I'm trying a simple Monte Carlo example which led to some confusion about ways of generating random Geometrically distributed values in R.
"A supercomputer is shared by 250 independent subscribers. Each day, each subscriber uses the facility with probability 0.3. The number of tasks sent by each active user has Geometric distribution with parameter 0.15, and each task takes a Gamma(10, 3) distributed computer time (in minutes). Tasks are processed consecutively. What is the probability that all the tasks will be processed, that is, the total requested computer time is less than 24 hours? Estimate this probability, attaining the margin of error ±0.01 with probability 0.99."

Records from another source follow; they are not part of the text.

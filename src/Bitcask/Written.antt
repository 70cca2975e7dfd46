-- ===== src/Bitcask/Written.antt =====
-- bitcask/main.go: the two ways in which `put` can end. Either an error came before the index was
-- touched, or the entry is in the file and the index has been updated.
use design_pocs.Common.{
  ℕ, ◌+◌, ◌≡◌, ◌≢◌, inl, inr, refl, ap, ◌∙◌, bytes_key, Option, Option-cases, none, some, List,
  arith, Bytes, length, lookup, insert, remove, read_at, read_at-write_at_self, u32, ◌==◌,
  if◌then◌else◌,
}
use design_pocs.Bitcask.Record.{encode_entry, length-encode_entry}
use design_pocs.Bitcask.Store.{
  FilePath, path_key, KeyDirEntry, BitCask, ◌>>◌, PutIo, PutError, WriteOutcome, wrote, failed,
  short, file_of, write_file, active_path, land, ensure_open, write_entry, index_entry, rotate,
  put_flag, seq_ok, seq_error, seq_same, invalid_handle,
}
use design_pocs.Bitcask.Kept.{
  Handles, Settled, Kept, file_of-insert_self, ensure_open-Keeps, rotate-Keeps,
}

pub record Written (t : BitCask) (path : FilePath) (offset : ℕ) (buf : Bytes) : Type 0 where
  pub opened : lookup path t.file_ptrs ≡ some path
  pub content : read_at (file_of path t.disk) offset (length buf) ≡ some buf
  pub settled : Settled path (offset + length buf) t

pub Written-Kept :
    {s t : BitCask} {path : FilePath} {offset : ℕ} {buf : Bytes}
    → Kept s t
    → Written s path offset buf
    → Written t path offset buf
Written-Kept {path} {offset} {buf} k w = record {
  opened = k.opened path w.opened;
  content = k.content path offset (length buf) buf w.settled w.content;
  settled = k.settled path (offset + length buf) w.settled;
}

-- The index after an entry at this place.
abbrev pub updated :
    Bytes → Bytes → ℕ → FilePath → ℕ → List (Bytes × KeyDirEntry) → List (Bytes × KeyDirEntry)
updated key value flag path offset dir =
    if flag == 0
    then insert key
        (record { file_path = path; file_entry_offset = offset; value_size = u32 (length value) })
        dir
    else remove key dir

pub data PutTo (key value : Bytes) (flag : ℕ) (io : PutIo) (s t : BitCask) (r : Option PutError)
    : Type 0 where
  stopped : t.key_dir ≡ s.key_dir → r ≢ none → PutTo key value flag io s t r
  stored :
      (path : FilePath) (offset : ℕ)
      → t.key_dir ≡ updated key value flag path offset s.key_dir
      → Written t path offset (encode_entry io.now key value flag)
      → PutTo key value flag io s t r

PutTo-from :
    {key value : Bytes} {flag : ℕ} {io : PutIo} {s s' t : BitCask} {r : Option PutError}
    → s'.key_dir ≡ s.key_dir
    → PutTo key value flag io s' t r
    → PutTo key value flag io s t r
PutTo-from e (stopped same error) = stopped (same ∙ e) error
PutTo-from {key} {value} {flag} e (stored path offset dir written) =
    stored path offset (dir ∙ ap (updated key value flag path offset) e) written

key_dir-ensure_open : (io : PutIo) (s : BitCask) → (ensure_open io s).0.key_dir ≡ s.key_dir
unfolding ensure_open
key_dir-ensure_open io s = ground arith

key_dir-rotate : (io : PutIo) (s : BitCask) → (rotate io s).0.key_dir ≡ s.key_dir
unfolding rotate
key_dir-rotate io s = ground arith

pub index_entry-fine :
    (key value : Bytes) (flag : ℕ) (s : BitCask)
    → index_entry key value flag s ≡ ((index_entry key value flag s).0, none)
unfolding index_entry
index_entry-fine key value flag s = refl

index_entry-Handles :
    (key value : Bytes) (flag : ℕ) (s : BitCask)
    → Handles s
    → Handles (index_entry key value flag s).0
unfolding index_entry
index_entry-Handles key value flag s h = record { named = h.named }

key_dir-index_entry :
    (key value : Bytes) (flag : ℕ) (s : BitCask)
    → (index_entry key value flag s).0.key_dir
      ≡ updated key value flag (active_path s) s.curr_offset s.key_dir
unfolding index_entry
key_dir-index_entry key value flag s = refl

pub write_entry-nil :
    (b : Bytes) (io : PutIo) (s : BitCask)
    → lookup (active_path s) s.file_ptrs ≡ none
    → write_entry b io s ≡ (s, some invalid_handle)
unfolding write_entry
write_entry-nil b io s e = rw (e, write_entry)

pub write_entry-found :
    (b : Bytes) (io : PutIo) (s : BitCask) (handle : FilePath)
    → lookup (active_path s) s.file_ptrs ≡ some handle
    → write_entry b io s ≡ land io.write handle b s
unfolding write_entry
write_entry-found b io s handle e = rw (e, write_entry)

module _ (key value : Bytes) (flag : ℕ) (io : PutIo) where
  abbrev buf : Bytes
  buf = encode_entry io.now key value flag

  -- The bytes are in the file, and the index and the offset are moved past them.
  index_entry-Written :
      (s : BitCask)
      → lookup (active_path s) s.file_ptrs ≡ some (active_path s)
      → Written
          (index_entry key value flag (write_file (active_path s) s.curr_offset buf s)).0
          (active_path s)
          s.curr_offset
          buf
  unfolding index_entry
  index_entry-Written s found = record {
    opened = found;
    content =
        rw (file_of-insert_self (active_path s) _ s.disk)
          (read_at-write_at_self (file_of (active_path s) s.disk) s.curr_offset buf);
    settled = inr (refl, omega (arith, length-encode_entry io.now key value flag));
  }

  finish :
      (s : BitCask)
      → Handles s
      → lookup (active_path s) s.file_ptrs ≡ some (active_path s)
      → let r =
          (index_entry key value flag >> rotate io)
            (write_file (active_path s) s.curr_offset buf s) in
        PutTo key value flag io s r.0 r.1
  finish s h found =
      let w = write_file (active_path s) s.curr_offset buf s in
      let t = (index_entry key value flag w).0 in
      let handles = index_entry-Handles key value flag w (record { named = h.named }) in
      let kept = (rotate-Keeps io).at t handles in
      rw (seq_ok (index_entry key value flag) (rotate io) w t (index_entry-fine key value flag w)) (
        stored (active_path s) s.curr_offset
          (key_dir-rotate io t ∙ key_dir-index_entry key value flag w)
          (Written-Kept kept.0 (index_entry-Written s found)))

  -- The outcomes of the write.
  after_land :
      (w : WriteOutcome) (s : BitCask)
      → Handles s
      → lookup (active_path s) s.file_ptrs ≡ some (active_path s)
      → let r = (land w (active_path s) buf >> index_entry key value flag >> rotate io) s in
        PutTo key value flag io s r.0 r.1
  unfolding land
  after_land wrote s h found = finish s h found
  after_land (failed n) s h found = stopped refl (λ e. cc)
  after_land (short n) s h found = stopped refl (λ e. cc)

  after_open :
      (s : BitCask)
      → Handles s
      → let r = (write_entry buf io >> index_entry key value flag >> rotate io) s in
        PutTo key value flag io s r.0 r.1
  after_open s h = elim (Option-cases (lookup (active_path s) s.file_ptrs)) [
    | inl nil_handle ↦
        rw
          (seq_error (write_entry buf io) (index_entry key value flag >> rotate io) s s
            invalid_handle (write_entry-nil buf io s nil_handle))
          (stopped refl (λ e. cc))
    | inr (handle, found) ↦
        let known : handle ≡ active_path s = h.named (active_path s) handle found in
        let open_active : lookup (active_path s) s.file_ptrs ≡ some (active_path s) =
          found ∙ ap some known in
        rw
          (seq_same (write_entry buf io) (land io.write (active_path s) buf)
            (index_entry key value flag >> rotate io) s s
            (write_entry-found buf io s (active_path s) open_active))
          (after_land io.write s h open_active)
  ]

  -- Every call of `put` ends in one of the two ways.
  pub put_flag-PutTo :
      (s : BitCask)
      → Handles s
      → let r = put_flag key value flag io s in PutTo key value flag io s r.0 r.1
  unfolding put_flag
  put_flag-PutTo s h =
      let opened = (ensure_open-Keeps io).at s h in
      elim (Option-cases (ensure_open io s).1) [
        | inl fine ↦
            rw (fine, ◌>>◌)
              (PutTo-from (key_dir-ensure_open io s) (after_open (ensure_open io s).0 opened.1))
        | inr (e, error) ↦
            rw (error, ◌>>◌) (stopped (key_dir-ensure_open io s) (λ none_is_some. cc))
      ]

The solution is given in pure MATLAB and I will spare you everything unrelated to my question. The Geometric distribution is calculated as
Y=ceil( log(1-rand(X,1))/log(1-q) );
where X
is a Binomial variable (the number of active subscribers a given day) and q
is the parameter to the Geometric distribution. I translated this into R as
Y <- ceiling(log(1-runif(X))/log(1-q))
and got the expected result (~0.17) when I ran the simulation. However, as I understand it, R, unlike pure MATLAB, can generate Geometrically distributed random variables directly, like so
Y <- rgeom(X, q)
and when I tried that instead the simulation suddenly started returning values (~0.55).
I'm probably missing something obvious but can anyone explain what's going on here? I tried plotting the different distributions given by the expected value of X and they look similar enough but the results are obviously not equal. If any necessary details are missing tell me, and I will add them.